[Exercise] For the data below, restate word for word only the lines from the line containing "ofile = replicate nofile none;" through the line containing "task_proc pid = record", both ends included.

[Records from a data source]
☆ ☆ ☆ ☆ ☆

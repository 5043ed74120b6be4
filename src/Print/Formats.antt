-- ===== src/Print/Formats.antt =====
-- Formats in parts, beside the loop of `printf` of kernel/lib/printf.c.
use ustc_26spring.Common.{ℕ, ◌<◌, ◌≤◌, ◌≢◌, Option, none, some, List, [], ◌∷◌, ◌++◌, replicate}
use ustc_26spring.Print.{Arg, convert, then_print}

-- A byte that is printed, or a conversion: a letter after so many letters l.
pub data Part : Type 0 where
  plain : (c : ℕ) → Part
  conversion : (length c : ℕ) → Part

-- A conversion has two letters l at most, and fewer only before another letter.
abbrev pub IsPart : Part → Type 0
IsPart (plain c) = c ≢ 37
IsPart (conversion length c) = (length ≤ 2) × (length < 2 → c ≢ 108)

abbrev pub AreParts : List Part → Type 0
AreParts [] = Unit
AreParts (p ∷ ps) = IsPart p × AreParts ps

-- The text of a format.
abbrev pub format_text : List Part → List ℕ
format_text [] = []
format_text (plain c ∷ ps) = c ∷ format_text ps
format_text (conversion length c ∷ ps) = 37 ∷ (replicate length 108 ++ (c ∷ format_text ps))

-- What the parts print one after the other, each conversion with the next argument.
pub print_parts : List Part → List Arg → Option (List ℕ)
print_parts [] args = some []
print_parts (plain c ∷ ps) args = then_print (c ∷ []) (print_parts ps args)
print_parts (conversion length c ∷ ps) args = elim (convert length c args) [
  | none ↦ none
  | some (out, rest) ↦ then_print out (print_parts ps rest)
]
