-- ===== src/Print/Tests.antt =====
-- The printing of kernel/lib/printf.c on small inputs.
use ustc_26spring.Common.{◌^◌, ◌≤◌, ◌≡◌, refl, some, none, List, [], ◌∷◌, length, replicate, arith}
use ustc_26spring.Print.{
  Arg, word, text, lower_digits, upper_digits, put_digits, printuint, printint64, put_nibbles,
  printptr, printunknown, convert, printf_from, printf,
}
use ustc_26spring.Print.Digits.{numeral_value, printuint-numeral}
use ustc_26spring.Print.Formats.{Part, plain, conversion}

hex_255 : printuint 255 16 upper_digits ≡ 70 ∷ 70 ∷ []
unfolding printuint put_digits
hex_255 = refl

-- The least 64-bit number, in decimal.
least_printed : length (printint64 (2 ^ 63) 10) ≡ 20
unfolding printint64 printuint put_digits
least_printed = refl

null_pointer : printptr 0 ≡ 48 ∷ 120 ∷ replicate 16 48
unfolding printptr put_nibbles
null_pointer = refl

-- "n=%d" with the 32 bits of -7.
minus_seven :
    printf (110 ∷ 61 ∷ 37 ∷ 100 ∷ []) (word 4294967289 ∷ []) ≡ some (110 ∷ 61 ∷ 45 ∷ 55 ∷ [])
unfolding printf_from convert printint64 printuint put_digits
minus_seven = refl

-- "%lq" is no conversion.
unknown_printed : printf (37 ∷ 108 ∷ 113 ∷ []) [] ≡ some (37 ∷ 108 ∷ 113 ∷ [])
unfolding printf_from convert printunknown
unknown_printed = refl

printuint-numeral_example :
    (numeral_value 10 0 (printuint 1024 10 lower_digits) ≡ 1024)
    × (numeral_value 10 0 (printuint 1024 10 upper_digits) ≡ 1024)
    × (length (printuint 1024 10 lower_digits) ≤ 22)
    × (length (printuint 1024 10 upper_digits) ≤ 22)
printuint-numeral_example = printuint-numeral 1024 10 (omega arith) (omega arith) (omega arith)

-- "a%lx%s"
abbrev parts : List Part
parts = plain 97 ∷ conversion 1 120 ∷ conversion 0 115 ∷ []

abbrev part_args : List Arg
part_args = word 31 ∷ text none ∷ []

☆ ☆ ☆ ☆ ☆

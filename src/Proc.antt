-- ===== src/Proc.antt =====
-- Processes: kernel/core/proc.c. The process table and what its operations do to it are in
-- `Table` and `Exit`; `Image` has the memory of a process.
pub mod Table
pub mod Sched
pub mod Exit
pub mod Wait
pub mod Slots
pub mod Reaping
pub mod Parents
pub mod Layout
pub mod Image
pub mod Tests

☆ ☆ ☆ ☆ ☆

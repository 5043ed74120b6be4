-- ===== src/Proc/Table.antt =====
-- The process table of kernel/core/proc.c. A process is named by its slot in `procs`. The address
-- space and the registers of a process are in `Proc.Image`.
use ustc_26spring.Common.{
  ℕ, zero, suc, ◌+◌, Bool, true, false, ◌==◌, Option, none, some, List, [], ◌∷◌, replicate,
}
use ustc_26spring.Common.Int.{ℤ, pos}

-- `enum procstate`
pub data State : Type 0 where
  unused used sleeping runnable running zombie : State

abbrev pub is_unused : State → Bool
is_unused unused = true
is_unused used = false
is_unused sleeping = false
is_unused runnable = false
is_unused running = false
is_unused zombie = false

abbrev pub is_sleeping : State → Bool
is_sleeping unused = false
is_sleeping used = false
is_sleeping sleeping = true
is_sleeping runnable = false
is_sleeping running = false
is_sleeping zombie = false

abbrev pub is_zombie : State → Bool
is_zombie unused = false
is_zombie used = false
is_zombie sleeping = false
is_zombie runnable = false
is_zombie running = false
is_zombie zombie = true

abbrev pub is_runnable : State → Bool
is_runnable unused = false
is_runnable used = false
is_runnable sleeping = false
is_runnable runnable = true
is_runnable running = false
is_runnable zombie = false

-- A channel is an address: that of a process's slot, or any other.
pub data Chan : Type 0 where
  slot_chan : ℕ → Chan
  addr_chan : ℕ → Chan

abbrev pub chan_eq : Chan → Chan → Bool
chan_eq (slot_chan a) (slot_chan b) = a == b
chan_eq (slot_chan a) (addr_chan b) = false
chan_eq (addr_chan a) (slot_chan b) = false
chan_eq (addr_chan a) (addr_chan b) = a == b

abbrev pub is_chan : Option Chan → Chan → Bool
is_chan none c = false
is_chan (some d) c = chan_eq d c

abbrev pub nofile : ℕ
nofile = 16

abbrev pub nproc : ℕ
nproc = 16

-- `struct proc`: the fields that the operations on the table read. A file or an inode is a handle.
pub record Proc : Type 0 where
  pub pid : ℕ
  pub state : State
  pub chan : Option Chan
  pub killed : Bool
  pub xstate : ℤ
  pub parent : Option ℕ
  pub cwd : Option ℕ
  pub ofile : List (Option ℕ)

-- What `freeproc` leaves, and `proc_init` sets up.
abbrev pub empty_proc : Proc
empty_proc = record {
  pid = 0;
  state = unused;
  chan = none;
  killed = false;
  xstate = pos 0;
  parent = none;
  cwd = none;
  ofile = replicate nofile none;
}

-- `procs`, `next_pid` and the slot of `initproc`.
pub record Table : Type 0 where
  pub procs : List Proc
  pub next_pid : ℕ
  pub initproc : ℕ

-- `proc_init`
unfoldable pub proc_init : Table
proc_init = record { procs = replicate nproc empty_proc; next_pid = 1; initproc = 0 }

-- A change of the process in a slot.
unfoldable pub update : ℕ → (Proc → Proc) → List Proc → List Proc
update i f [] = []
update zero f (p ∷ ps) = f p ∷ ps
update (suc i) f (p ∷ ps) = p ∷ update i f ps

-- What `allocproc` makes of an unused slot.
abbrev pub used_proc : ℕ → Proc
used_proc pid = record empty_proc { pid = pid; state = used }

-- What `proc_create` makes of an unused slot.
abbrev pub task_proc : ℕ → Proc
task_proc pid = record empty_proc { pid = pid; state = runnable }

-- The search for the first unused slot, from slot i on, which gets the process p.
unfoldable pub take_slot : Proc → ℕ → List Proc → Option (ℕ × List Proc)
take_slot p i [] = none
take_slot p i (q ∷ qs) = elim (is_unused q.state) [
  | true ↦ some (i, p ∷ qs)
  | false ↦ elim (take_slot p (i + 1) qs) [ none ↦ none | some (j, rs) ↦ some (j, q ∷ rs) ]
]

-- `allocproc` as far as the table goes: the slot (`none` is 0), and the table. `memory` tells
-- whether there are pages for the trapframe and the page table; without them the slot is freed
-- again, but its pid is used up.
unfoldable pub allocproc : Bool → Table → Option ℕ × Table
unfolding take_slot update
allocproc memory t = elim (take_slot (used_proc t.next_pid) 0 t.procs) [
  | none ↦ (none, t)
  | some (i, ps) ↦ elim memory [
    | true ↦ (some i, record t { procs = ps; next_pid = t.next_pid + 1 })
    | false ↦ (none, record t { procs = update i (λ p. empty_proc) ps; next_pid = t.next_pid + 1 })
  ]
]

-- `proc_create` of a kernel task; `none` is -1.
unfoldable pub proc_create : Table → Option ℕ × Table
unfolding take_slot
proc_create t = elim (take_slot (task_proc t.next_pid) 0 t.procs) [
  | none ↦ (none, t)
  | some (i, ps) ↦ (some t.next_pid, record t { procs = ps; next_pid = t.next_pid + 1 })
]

☆ ☆ ☆ ☆ ☆

[Exercise result]
  ofile = replicate nofile none;
}

-- `procs`, `next_pid` and the slot of `initproc`.
pub record Table : Type 0 where
  pub procs : List Proc
  pub next_pid : ℕ
  pub initproc : ℕ

-- `proc_init`
unfoldable pub proc_init : Table
proc_init = record { procs = replicate nproc empty_proc; next_pid = 1; initproc = 0 }

-- A change of the process in a slot.
unfoldable pub update : ℕ → (Proc → Proc) → List Proc → List Proc
update i f [] = []
update zero f (p ∷ ps) = f p ∷ ps
update (suc i) f (p ∷ ps) = p ∷ update i f ps

-- What `allocproc` makes of an unused slot.
abbrev pub used_proc : ℕ → Proc
used_proc pid = record empty_proc { pid = pid; state = used }

-- What `proc_create` makes of an unused slot.
abbrev pub task_proc : ℕ → Proc
task_proc pid = record empty_proc { pid = pid; state = runnable }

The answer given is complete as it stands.